The Mind-Body Connection, MDMA, and Chronic Pain

This September The Embody Lab’s One-Day Summit is focusing on Plant Medicine and Psychedlic Assisted Therapies. In this One-Day Summit we’ll shine a light on the use of psychedelic-assisted psychotherapy and, through discussions with leaders in this re-emerging field of healing and therapy, explore the different medicines and their applications for healing, counseling, psychology, and activism.

One of our One-Day Summit presenters, Dr Devon Christie joined Dr Will Siu to discuss the Mind-Body Connection, MDMA, and chronic pain and they have kindly shared this episode with us. We hope you enjoy it!

They talk about chronic pain: how it overlaps strongly with PTSD, why MDMA is the best candidate for success in treating it, and how we can retrain the brain and shift our relationship in how we experience pain. And they talk about how psychedelics are great tools but also a risk for retraumatization: If the movement for access to these medicines outpaces both the science and the amount of people trained in helping someone work through an experience, could we be creating even more trauma? 

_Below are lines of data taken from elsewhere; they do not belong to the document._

-- ===== src/Tools/Host.antt =====
-- What the skills below skills/ use of the operating system and of serde_json. A path is the list of
-- its components (`/`, `.` and `..` among them), as `std::path` compares and splits it.
use Prim.Native.Char.{code}
use orion_dock.Prelude.{
  ℕ, String, Bool, true, false, ◌&&◌, ◌||◌, Option, none, some, List, [], ◌∷◌, ◌++◌, eqb,
  if◌then◌else◌, ◌⧺◌, ◌==◌, starts_with, join,
}

abbrev pub FilePath : Type 0
FilePath = List String

-- `s.split(c)`
unfoldable pub split_char : ℕ → String → List String
split_char b String.[] = "" ∷ []
split_char b (String.◌∷◌ c s) = elim (split_char b s) [
  | [] ↦ []
  | p ∷ ps ↦ if eqb (code c) b then "" ∷ p ∷ ps else String.◌∷◌ c p ∷ ps
]

-- Repeated separators and inner `.` are passed over.
unfoldable pub normal_parts : List String → FilePath
normal_parts [] = []
normal_parts (p ∷ ps) = let rest = normal_parts ps in if p == "" || p == "." then rest else p ∷ rest

unfoldable pub relative_parts : List String → FilePath
unfolding normal_parts
relative_parts [] = []
relative_parts (p ∷ ps) = if p == "." then "." ∷ normal_parts ps else normal_parts (p ∷ ps)

-- `PathBuf::from`
unfoldable pub path_from : String → FilePath
unfolding split_char relative_parts
path_from s =
    if starts_with s "/"
    then "/" ∷ normal_parts (split_char b'/' s)
    else relative_parts (split_char b'/' s)

-- `path.display().to_string()`
unfoldable pub display : FilePath → String
unfolding join
display [] = ""
display (p ∷ ps) = if p == "/" then "/" ⧺ join "/" ps else join "/" (p ∷ ps)

unfoldable pub without_last : FilePath → FilePath
without_last [] = []
without_last (p ∷ []) = []
without_last (p ∷ q ∷ ps) = p ∷ without_last (q ∷ ps)

unfoldable pub last_part : FilePath → String
last_part [] = ""
last_part (p ∷ []) = p
last_part (p ∷ q ∷ ps) = last_part (q ∷ ps)

-- `path.parent()`
unfoldable pub parent : FilePath → Option FilePath
unfolding without_last last_part
parent path =
    if last_part path == "" || last_part path == "/" then none else some (without_last path)

-- `path.join(other.file_name().unwrap_or_default())`
unfoldable pub join_file_name : FilePath → FilePath → FilePath
unfolding last_part
join_file_name path other =
    let name = last_part other in
    if name == "" || name == "/" || name == "." || name == ".." then path else path ++ (name ∷ [])

-- `path.starts_with(root)`
unfoldable pub begins_with : FilePath → FilePath → Bool
begins_with path [] = true
begins_with [] (r ∷ root) = false
begins_with (p ∷ path) (r ∷ root) = p == r && begins_with path root

-- A system call's answer, or the text of its error.
pub data Io (A : Type 0) : Type 0 where
  done : A → Io A
  failed : String → Io A

pub record DirEntry : Type 0 where
  pub file_name : String
  pub is_dir : Option Bool  -- `none` where the type cannot be read
  pub len : Option ℕ

-- The system calls over a world `W`.
pub record Os (W : Type 0) : Type 0 where
  pub exists : FilePath → W → Bool
  pub is_file : FilePath → W → Bool
  pub is_dir : FilePath → W → Bool
  pub canonicalize : FilePath → W → Io FilePath
  pub metadata_len : FilePath → W → Io ℕ
  pub read_to_string : FilePath → W → Io String
  pub create_dir_all : FilePath → W → Io Unit × W
  pub write : FilePath → String → W → Io Unit × W
  pub read_dir : FilePath → W → Io (List (Option DirEntry))
  pub glob : String → W → Io (List (Option FilePath))

-- What is used of serde_json's values.
pub record Json (Value : Type 0) : Type 0 where
  pub object : List (String × Value) → Value
  pub array : List Value → Value
  pub text : String → Value
  pub number : ℕ → Value
  pub boolean : Bool → Value
  pub to_string : Value → Option String  -- `from_value::<String>`
  pub to_number : Value → Option ℕ  -- `from_value::<u64>`
  pub no_metadata : Value  -- `ToolMetadata::default()`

And they discuss the mind-body connection: how implicit memories and lack of touch and reciprocal engagement can lead to a developing brain not learning how to manage pain; the concept of learned response looping, how to complete a survival impulse in an organized way, and the optimal arousal zone; how oppression and religious or cultural judgement changes one’s relationship with their body; and how learning more about the fascia could be the key toward understanding how the body’s different systems influence each other.

 
Even in modern medicine, when people get sick, you can almost see this philosophical orientation of: ‘The body is not to be trusted; I’ve been betrayed by my body.’ There’s a lot of fear people have towards their bodies, which I think is perpetuated in how Western medicine holds things in general (not necessarily intentionally, but through the legacy of time), whereas in my post-graduate learnings and forays into somatics and trauma and functional medicine, it’s like: Actually, the mind-body split is false, and every single moment, my felt experience is informing my cognitive processes and my thoughts and vice-versa. And so I think where this then brings us, in terms of pain management, is needing to really acknowledge this as true and start to really empower people back into trusting the wisdom of their bodies.